I rated Lowe well enough to be an AB. Remember we were picking the likes of George Bridge above such players so theres no disputing a lot of bad decisions have been made by those last two coaches. Does a team like the ABs need a finicky winger who you have to adapt and change a lot of your style with to get benefit from? No, not really. But he still would have been a basic improvement on players like even Savea at the tail of his career, Bridge, and could even have converted into the answer of replacing Beauden at the back. Instead we persisted with NMS, Naholo, Havili, Reece, all players we would have cared even less about losing and all because Rieko had Lowe's number 11 jersey nailed down.


He was of course only 23 when he decided to leave, it was back in the beggining of the period they had started retaining players (from 2018 onwards I think, they came out saying theyre going to be more aggressive at some point). So he might, all of them, only just missed out.


The main point that Ed made is that situations like Lowe's, Aki's, JGP's, aren't going to happen in future. That's a bit of a "NZ" only problem, because those players need to reach such a high standard to be chosen by the All Blacks, were as a country like Ireland wants them a lot earlier like that. This is basically the 'ready in 3 years' concept Ireland relied on, versus the '5 years and they've left' concept' were that player is now ready to be chosen by the All Blacks (given a contract to play Super, ala SBW, and hopefully Manu).


The 'mercenary' thing that will take longer to expire, and which I was referring to, is the grandparents rule. The new kids coming through now aren't going to have as many gp born overseas, so the amount of players that can leave with a prospect of International rugby offer are going to drop dramatically at some point.
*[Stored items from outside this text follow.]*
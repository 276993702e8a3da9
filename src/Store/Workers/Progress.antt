-- ===== src/Store/Workers/Progress.antt =====
-- How much the pool of the cleanup has still to do, which no turn makes more.
use sentrydns.Base.{
  ℕ, zero, suc, ◌+◌, ◌*◌, ◌<◌, ◌≤◌, ◌≡◌, refl, Bool, true, false, ◌||◌, List, [], ◌∷◌, length,
  if◌then◌else◌, Text, Bool-cases, inl, inr, arith, ltb, length-append,
}
use sentrydns.Store.Workers.{
  give_up, Worker, receiving, holding, checking, rejecting, gone, Pool, receive_next, send_next,
  Turn, sends, gives_up, stops, works, work, work_at, take_turn, is_gone, all_gone,
}
use sentrydns.Store.Workers.Frame.{give_up-cases}

abbrev pub load : Worker → ℕ
load receiving = 1
load (holding d) = 5
load (checking d) = 4
load (rejecting d) = 3
load gone = 0

abbrev pub loads : List Worker → ℕ
loads [] = 0
loads (w ∷ ws) = load w + loads ws

-- What the loop and the channel have still to do.
abbrev pub ahead : Pool → ℕ
ahead p = 6 * length p.unsent + 5 * length p.queue + (if p.finished then 0 else 1)

abbrev pub ahead_all : Pool → ℕ
ahead_all p = ahead p + loads p.workers

receive_next-ahead :
    (q : List Text) (p : Pool)
    → p.queue ≡ q
    → load (receive_next q p).0 + ahead (receive_next q p).1 ≤ 1 + ahead p
receive_next-ahead [] p e = ground arith
receive_next-ahead (d ∷ q) p e = ground arith

work-ahead :
    (validate : Text → Bool) (w : Worker) (p : Pool)
    → load (work validate w p).0 + ahead (work validate w p).1 ≤ load w + ahead p
unfolding work
work-ahead validate receiving p = receive_next-ahead p.queue p refl
work-ahead validate (holding d) p = ground arith
work-ahead validate (checking d) p = ground arith
work-ahead validate (rejecting d) p = ground arith
work-ahead validate gone p = omega arith

work_at-ahead :
    (validate : Text → Bool) (i : ℕ) (ws : List Worker) (p : Pool)
    → loads (work_at validate i ws p).0 + ahead (work_at validate i ws p).1 ≤ loads ws + ahead p
unfolding work_at
work_at-ahead validate i [] p = omega arith
work_at-ahead validate zero (w ∷ ws) p = omega (arith, work-ahead validate w p)
work_at-ahead validate (suc i) (w ∷ ws) p = omega (arith, work_at-ahead validate i ws p)

send_next-ahead :
    (u : List Text) (p : Pool) → p.unsent ≡ u → ahead_all (send_next u p) ≤ ahead_all p
send_next-ahead [] p e = ground arith
send_next-ahead (d ∷ u) p e = ground (arith, length-append p.queue (d ∷ []))

pub take_turn-ahead :
    (validate : Text → Bool) (t : Turn) (p : Pool)
    → ahead_all (take_turn validate t p) ≤ ahead_all p
unfolding take_turn
take_turn-ahead validate sends p = let l = send_next-ahead p.unsent p refl in ground arith
take_turn-ahead validate gives_up p = let g = give_up-cases p.unsent p in ground arith
take_turn-ahead validate stops p = omega arith
take_turn-ahead validate (works i) p = omega (arith, work_at-ahead validate i p.workers p)

abbrev pub is_ready : Pool → Bool
is_ready p = ltb 0 (length p.queue) || p.finished

receive_next-less :
    (q : List Text) (p : Pool)
    → p.queue ≡ q
    → is_ready p ≡ true
    → load (receive_next q p).0 + ahead (receive_next q p).1 < 1 + ahead p
receive_next-less [] p e r = ground arith
receive_next-less (d ∷ q) p e r = ground arith

work-less :
    (validate : Text → Bool) (w : Worker) (p : Pool)
    → is_gone w ≡ false
    → is_ready p ≡ true
    → load (work validate w p).0 + ahead (work validate w p).1 < load w + ahead p
unfolding work
work-less validate receiving p g r = receive_next-less p.queue p refl r
work-less validate (holding d) p g r = ground arith
work-less validate (checking d) p g r = ground arith
work-less validate (rejecting d) p g r = ground arith
work-less validate gone p g r = absurd (ground arith)

-- The first worker that is not gone.
abbrev pub first_left : List Worker → ℕ
first_left [] = 0
first_left (w ∷ ws) = let i = first_left ws in if is_gone w then suc i else 0

work_at-less :
    (validate : Text → Bool) (ws : List Worker) (p : Pool)
    → all_gone ws ≡ false
    → is_ready p ≡ true
    → loads (work_at validate (first_left ws) ws p).0
        + ahead (work_at validate (first_left ws) ws p).1
      < loads ws + ahead p
unfolding work_at
work_at-less validate [] p g r = absurd (ground arith)
work_at-less validate (w ∷ ws) p g r = elim (Bool-cases (is_gone w)) [
  | inl e ↦ let ih = work_at-less validate ws p (ground arith) r in rw e (omega (arith, ih))
  | inr e ↦ let l = work-less validate w p e r in rw e (omega (arith, l))
]

abbrev pub can_send : List Text → Pool → Bool
can_send [] p = true
can_send (d ∷ ds) p = ltb (length p.queue) p.room

-- A turn that gets the pool on: the loop where it can go on, else a worker.
abbrev pub next_turn : Pool → Turn
next_turn p =
    if p.finished
    then works (first_left p.workers)
    else if can_send p.unsent p
    then sends
    else if p.stopped
    then gives_up
    else works (first_left p.workers)

pub works-less :
    (validate : Text → Bool) (p : Pool)
    → all_gone p.workers ≡ false
    → is_ready p ≡ true
    → ahead_all (take_turn validate (works (first_left p.workers)) p) < ahead_all p
unfolding take_turn
works-less validate p g r = omega (arith, work_at-less validate p.workers p g r)

send_next-less :
    (u : List Text) (p : Pool)
    → p.unsent ≡ u
    → p.finished ≡ false
    → can_send u p ≡ true
    → ahead_all (send_next u p) < ahead_all p
send_next-less [] p e f c = ground arith
send_next-less (d ∷ u) p e f c = ground (arith, length-append p.queue (d ∷ []))

pub sends-less :
    (validate : Text → Bool) (p : Pool)
    → p.finished ≡ false
    → can_send p.unsent p ≡ true
    → ahead_all (take_turn validate sends p) < ahead_all p
unfolding take_turn
sends-less validate p f c = let l = send_next-less p.unsent p refl f c in ground arith

give_up-less :
    (u : List Text) (p : Pool)
    → p.finished ≡ false
    → p.stopped ≡ true
    → can_send u p ≡ false
    → ahead_all (give_up u p) < ahead_all p
give_up-less [] p f s c = absurd (ground arith)
give_up-less (d ∷ u) p f s c = ground arith

pub gives_up-less :
    (validate : Text → Bool) (p : Pool)
    → p.finished ≡ false
    → p.stopped ≡ true
    → can_send p.unsent p ≡ false
    → ahead_all (take_turn validate gives_up p) < ahead_all p
unfolding take_turn
gives_up-less validate p f s c = let l = give_up-less p.unsent p f s c in ground arith

pub queue-full : (u : List Text) (p : Pool) → can_send u p ≡ false → 0 < p.room → is_ready p ≡ true
queue-full [] p c n = absurd (ground arith)
queue-full (d ∷ u) p c n = ground arith
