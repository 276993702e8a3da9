-- ===== src/Store/Workers/Ends.antt =====
-- The pool of the cleanup comes to its end.
use sentrydns.Base.{
  ℕ, zero, suc, ◌+◌, ◌*◌, ◌<◌, ◌≤◌, ◌≡◌, refl, Bool, true, false, List, [], ◌∷◌, length,
  if◌then◌else◌, Text, Bool-cases, inl, inr, arith,
}
use sentrydns.Store.Workers.{
  Pool, receivers, start_pool, Turn, sends, gives_up, works, take_turn, take_turns, all_gone,
  is_over,
}
use sentrydns.Store.Workers.Frame.{IsOrderly, run-IsOrderly, take_turn-IsOrderly, any-all_gone}
use sentrydns.Store.Workers.Sizes.{length-run, room-run, room-take_turn, length-take_turn}
use sentrydns.Store.Workers.Progress.{
  loads, ahead_all, can_send, first_left, next_turn, take_turn-ahead, works-less, sends-less,
  gives_up-less, queue-full,
}

-- With a worker, and room in the channel.
pub record IsLive (p : Pool) : Type 0 where
  pub orderly : IsOrderly p
  pub some_room : 0 < p.room
  pub some_worker : 0 < length p.workers

unfinished-left :
    (p : Pool) → IsLive p → p.finished ≡ false → p.stopped ≡ false → all_gone p.workers ≡ false
unfinished-left p v f s = elim (Bool-cases (all_gone p.workers)) [
  | inl all ↦
      let d = (v.orderly.drained s (any-all_gone p.workers v.some_worker all)).0 in
      absurd (ground arith)
  | inr e ↦ e
]

-- Until the pool is over there is a turn that gets it on.
next_turn-less :
    (validate : Text → Bool) (p : Pool)
    → IsLive p
    → is_over p ≡ false
    → ahead_all (take_turn validate (next_turn p) p) < ahead_all p
unfolding is_over
next_turn-less validate p v o = elim (Bool-cases p.finished) [
  | inl f ↦
      let e : next_turn p ≡ works (first_left p.workers) = ground arith in
      rw e (works-less validate p (ground arith) (ground arith))
  | inr f ↦ elim (Bool-cases (can_send p.unsent p)) [
    | inl c ↦ let e : next_turn p ≡ sends = ground arith in rw e (sends-less validate p f c)
    | inr c ↦ elim (Bool-cases p.stopped) [
      | inl s ↦
          let e : next_turn p ≡ gives_up = ground arith in rw e (gives_up-less validate p f s c)
      | inr s ↦
          let e : next_turn p ≡ works (first_left p.workers) = ground arith in
          rw e
            (works-less validate p (unfinished-left p v f s) (queue-full p.unsent p c v.some_room))
    ]
  ]
]

take_turn-IsLive :
    (validate : Text → Bool) (t : Turn) (p : Pool) → IsLive p → IsLive (take_turn validate t p)
take_turn-IsLive validate t p v = record {
  orderly = take_turn-IsOrderly validate t p v.orderly;
  some_room = omega (arith, room-take_turn validate t p, v.some_room);
  some_worker = omega (arith, length-take_turn validate t p, v.some_worker);
}

-- So many of these turns, or fewer where the pool is over before.
unfoldable pub drive : (Text → Bool) → ℕ → Pool → Pool
drive validate zero p = p
drive validate (suc n) p =
    let rest = drive validate n (take_turn validate (next_turn p) p) in
    if is_over p then p else rest

is_over-drive :
    (validate : Text → Bool) (n : ℕ) (p : Pool)
    → IsLive p
    → ahead_all p ≤ n
    → is_over (drive validate n p) ≡ true
unfolding drive
is_over-drive validate zero p v l = elim (Bool-cases (is_over p)) [
  | inl e ↦ e
  | inr e ↦ let less = next_turn-less validate p v e in absurd (omega (arith, less, l))
]
is_over-drive validate (suc n) p v l = elim (Bool-cases (is_over p)) [
  | inl e ↦ rw (e, e) refl
  | inr e ↦
      let less = next_turn-less validate p v e in
      let t = next_turn p in
      rw e (
        is_over-drive validate n (take_turn validate t p) (take_turn-IsLive validate t p v)
          (omega (arith, less, l)))
]

ahead_all-take_turns :
    (validate : Text → Bool) (ts : List Turn) (p : Pool)
    → ahead_all (take_turns validate ts p) ≤ ahead_all p
unfolding take_turns
ahead_all-take_turns validate [] p = omega arith
ahead_all-take_turns validate (t ∷ ts) p =
    omega (
      arith,
      ahead_all-take_turns validate ts (take_turn validate t p),
      take_turn-ahead validate t p,
    )

loads-receivers : (qps : ℕ) → loads (receivers qps) ≡ qps
loads-receivers zero = refl
loads-receivers (suc qps) = omega (arith, loads-receivers qps)

ahead_all-start_pool :
    (qps : ℕ) (domains : List Text)
    → ahead_all (start_pool qps domains) ≡ 6 * length domains + 1 + qps
unfolding start_pool
ahead_all-start_pool qps domains = omega (arith, loads-receivers qps)

-- With at least one worker the cleanup never gets stuck: whatever turns have been taken, a stop
-- included, a schedule of at most six turns for each domain, one for each worker and one more brings the
-- channel to its close and all workers to their end.
pub run-ends :
    (validate : Text → Bool) (qps : ℕ) (domains : List Text) (ts : List Turn)
    → 0 < qps
    → let p = take_turns validate ts (start_pool qps domains) in
      is_over (drive validate (6 * length domains + 1 + qps) p) ≡ true
run-ends validate qps domains ts n =
    let p = take_turns validate ts (start_pool qps domains) in
    let l = ahead_all-take_turns validate ts (start_pool qps domains) in
    is_over-drive validate (6 * length domains + 1 + qps) p
      (record {
        orderly = run-IsOrderly validate qps domains ts;
        some_room = omega (arith, room-run validate qps domains ts, n);
        some_worker = omega (arith, length-run validate qps domains ts, n);
      })
      (omega (arith, l, ahead_all-start_pool qps domains))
All these kiwi fellas playing for a PI, is going to stop sadly.


The new era problem that will replace those old concerns is now French and Japanese clubs (doing the same as NRL teams have done for decades by) picking kids out of school. The problem here is not so much a national identity one, than it is a farm system where 9 in 10 players are left with nothing. A stunted education and no support in a foreign country (well they'll get kicked out of those countries were they don't in Australia).


It's the same sort of situation were NZ would be the big guy, but there weren't many downsides with it. The only one I can think was brought up but a poster on this site, I can't recall who it was, but he seemed to know a lot of kids coming from the Islands weren't really given the capability to fly back home during school xms holidays etc. That is probably something that should be fixed by the union. Otherwise getting someone like Fakatava over here for his last year of school definitely results in NZ being able to pick the cherries off the top but it also allows that player to develop and be able to represent Tonga and under age and possibly even later in his career. Where as a kid being taken from NZ is arguably going to be worse off in every respect other than perhaps money. Not going to develop as a person, not going to develop as a player as much, so I have a lotof sympathy for NZs case that I don't include them in that group but I certainly see where you're coming from and it encourages other countries to think they can do the same while not realising they're making a much worse experience/situation.